Se un neonato pesa meno del normale è perché ha sofferto in utero. Lo sviluppo degli organi -
compreso il cervello - è compromesso, e questo predispone a tante malattie e influisce
negativamente sui livelli di intelligenza. Ma nemmeno il peso alla nascita spiega l’effetto dell’i
ntelligenza sulla durata della vita. Questo lo si sapeva già da studi precedenti. Fra tutte le
spiegazioni possibili ce n’è una apparentemente ovvia. Chi è più intelligente tende ad avere
comportamenti “più sani”, a mangiare meglio, a fare un po’ di esercizio fisico, a non guidare in
modo pericoloso, a smettere di fumare a fare attenzione al peso, a non prendersi delle sbronze
tutti i sabato sera. Ma se si vanno a vedere i risultati di tutti gli studi nemmeno questo basta a
spiegare l’associazione tra intelligenza e durata della vita. Insomma chi è più intelligente vivrà
di più, è sicuro ma perché debba essere così non lo sappiamo (e gli scienziati dovranno far di
tutto per stabilirlo perché ne possano trarre vantaggio anche i meno dotati).

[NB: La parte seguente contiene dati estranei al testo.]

-- ===== src/Cam/Tests.antt =====
-- The theorems on the conditional access module at concrete states.
use tuxbox_git_driver.Common.{
  ℕ, ◌+◌, ◌≡◌, refl, List, [], ◌∷◌, ◌++◌, true, false, arith, some, length, replicate,
  length-replicate, length-append, take, drop,
}
use tuxbox_git_driver.Common.Int.{pos}
use tuxbox_git_driver.Cam.Queue
use tuxbox_git_driver.Cam.{Cam, Bus, read_message, queue_message, task}
use tuxbox_git_driver.Cam.Queue.{
  IsValid, contents, read_message_refines, queue_message_refines, queue_message_overrun, poll_lem,
}
use tuxbox_git_driver.Cam.Busy.{message, raised_for, task_busy}

-- 1, 2, 3 from index 2047 on, round the end of the queue
abbrev wrapped : Cam
wrapped = record {
  queue = 2 ∷ 3 ∷ (replicate 2045 0 ++ 1 ∷ []);
  queuewptr = 2;
  queuerptr = 2047;
  busy = 1;
  attached = true;
}

abbrev wrapped-IsValid : IsValid wrapped
wrapped-IsValid =
    omega
      (arith, length-append {A = ℕ} (replicate 2045 0) (1 ∷ []), length-replicate {A = ℕ} 2045 0)

-- a queue with room for three bytes
abbrev nearly_full : Cam
nearly_full = record {
  queue = replicate 2048 7;
  queuewptr = 2045;
  queuerptr = 0;
  busy = 1;
  attached = true;
}

abbrev nearly_full-IsValid : IsValid nearly_full
nearly_full-IsValid = omega (arith, length-replicate {A = ℕ} 2048 7)

-- A module that gives a message of one byte behind its header.
abbrev bus : Bus
bus = record { send = λ bytes. pos (length bytes); recv = λ n len. (len, 0x6f ∷ 1 ∷ 0x23 ∷ 5 ∷ []) }

read_message_refines_example :
    let (cb, out, c') = read_message 2 wrapped in
    (cb ≡ length out)
    × (out ≡ take 2 (contents wrapped))
    × (contents c' ≡ drop 2 (contents wrapped))
    × IsValid c'
read_message_refines_example = read_message_refines 2 wrapped-IsValid

queue_message_refines_example :
    (contents (queue_message (4 ∷ 5 ∷ 6 ∷ []) 3 wrapped)
      ≡ contents wrapped ++ 0x6f ∷ 4 ∷ 5 ∷ 6 ∷ [])
    × IsValid (queue_message (4 ∷ 5 ∷ 6 ∷ []) 3 wrapped)
queue_message_refines_example =
    queue_message_refines (4 ∷ 5 ∷ 6 ∷ []) 3 wrapped-IsValid (omega arith)
      (omega (arith, Queue.length-contents wrapped-IsValid))

queue_message_overrun_example :
    let c' = queue_message (4 ∷ 5 ∷ []) 2 nearly_full in
    (c'.queuewptr ≡ c'.queuerptr) × (contents c' ≡ [])
queue_message_overrun_example =
    queue_message_overrun (4 ∷ 5 ∷ []) 2 nearly_full-IsValid (omega arith) (omega arith) refl

-- a request of the CAID
abbrev request : List ℕ
request = 0 ∷ 2 ∷ 0x23 ∷ 1 ∷ 0 ∷ 9 ∷ 8 ∷ []

task_busy_example :
    (c' : Cam) × (task bus false wrapped ≡ some c') × (c'.busy ≡ 1 + raised_for (message bus))
task_busy_example = task_busy bus false wrapped (omega arith)
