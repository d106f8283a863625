-- ===== src/Circular/Counted.antt =====
-- Rings that keep a count of their elements, so that every place can be in use: the `n` elements from
-- index `r` on, and what a store behind them and a step of the read index do to them.
use tuxbox_git_driver.Common.{
  ℕ, zero, suc, ◌+◌, ◌-◌, ◌≤◌, ◌<◌, ◌≡◌, List, [], ◌∷◌, ◌++◌, arith, length, get_or, set, memcpy,
  length-append, list_ext, get_or-append_left, get_or-append_right, set-memcpy, get_or-memcpy_in,
  get_or-memcpy_below, get_or-memcpy_above, length-memcpy,
}
use tuxbox_git_driver.Circular.Lemmas.{wrap, fetch_at, length-fetch_at, get_or-fetch_at}

module _ {A : Type 0} (d : A) (buf : List A) (size r n : ℕ) (fits : size ≤ length buf)
    (hr : r < size) where
  -- An element stored behind the others comes last.
  pub push_from :
      (x : A)
      → n < size
      → fetch_at (set buf (wrap size (r + n)) x) size r (n + 1) ≡ fetch_at buf size r n ++ x ∷ []
  push_from x room =
      let buf' = memcpy buf (wrap size (r + n)) (x ∷ []) in
      let fits' : size ≤ length buf' =
        omega (arith, length-memcpy buf (wrap size (r + n)) (x ∷ [])) in
      rw (set-memcpy buf (wrap size (r + n)) x) (
        list_ext d _ _
          (omega (
            arith,
            length-fetch_at buf' size fits' r (n + 1) hr,
            length-append (fetch_at buf size r n) (x ∷ []),
            length-fetch_at buf size fits r n hr,
          ))
          λ i hi. ground (
            arith,
            length-fetch_at buf' size fits' r (n + 1) hr,
            length-fetch_at buf size fits r n hr,
            get_or-fetch_at d buf' size fits' r (n + 1) i hr,
            get_or-fetch_at d buf size fits r n i hr,
            get_or-append_left d (fetch_at buf size r n) (x ∷ []) i,
            get_or-append_right d (fetch_at buf size r n) (x ∷ []) i,
            get_or-memcpy_in d buf (wrap size (r + n)) (x ∷ []) (wrap size (r + i)),
            get_or-memcpy_below d buf (wrap size (r + n)) (x ∷ []) (wrap size (r + i)),
            get_or-memcpy_above d buf (wrap size (r + n)) (x ∷ []) (wrap size (r + i)),
          ))

  pop_at :
      (i : ℕ)
      → n ≤ size
      → i < n
      → get_or (fetch_at buf size r n) i d
        ≡ get_or (get_or buf r d ∷ fetch_at buf size (wrap size (r + 1)) (n - 1)) i d
  pop_at zero full hi = ground (arith, get_or-fetch_at d buf size fits r n 0 hr)
  pop_at (suc i) full hi = ground (
    arith,
    get_or-fetch_at d buf size fits r n (suc i) hr,
    get_or-fetch_at d buf size fits (wrap size (r + 1)) (n - 1) i,
  )

  -- The element at the read index comes first, and a step of the index takes it off.
  pub pop_from :
      0 < n
      → n ≤ size
      → fetch_at buf size r n ≡ get_or buf r d ∷ fetch_at buf size (wrap size (r + 1)) (n - 1)
  pop_from some_there full =
      list_ext d _ _
        (ground (
          arith,
          length-fetch_at buf size fits r n hr,
          length-fetch_at buf size fits (wrap size (r + 1)) (n - 1),
        ))
        λ i hi. pop_at i full (omega (arith, length-fetch_at buf size fits r n hr))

Vuole dire che chi ha avuto la pazienza di seguirci fin qui e sa di essere intelligente o
molto intelligente può dormire tra due guanciali? Dipende. George Best era un vero genio (giocava
nel Manchester negli anni ’60) ma beveva smodatamente, andava a donne e correva con la macchina, è
morto a 59 anni per una cirrosi alcolica. Jim Morrison, Jimi Hendrix, Janis Joplin, grandi
innovatori del rock sono morti tutti giovanissimi per eccessi di droga e alcool. Edmund Kean, il
più grande attore della storia del teatro inglese, è morto a 46 anni dopo una vita sregolata. Il
grande matematico Renato Caccioppoli si è suicidato a 55 anni per via dell’alcol (a Napoli era
famoso per le sue stranezze, quando durante il fascismo fu vietato agli uomini passeggiare con cani
di piccola taglia Caccioppoli andava in giro con un gallo, al guinzaglio).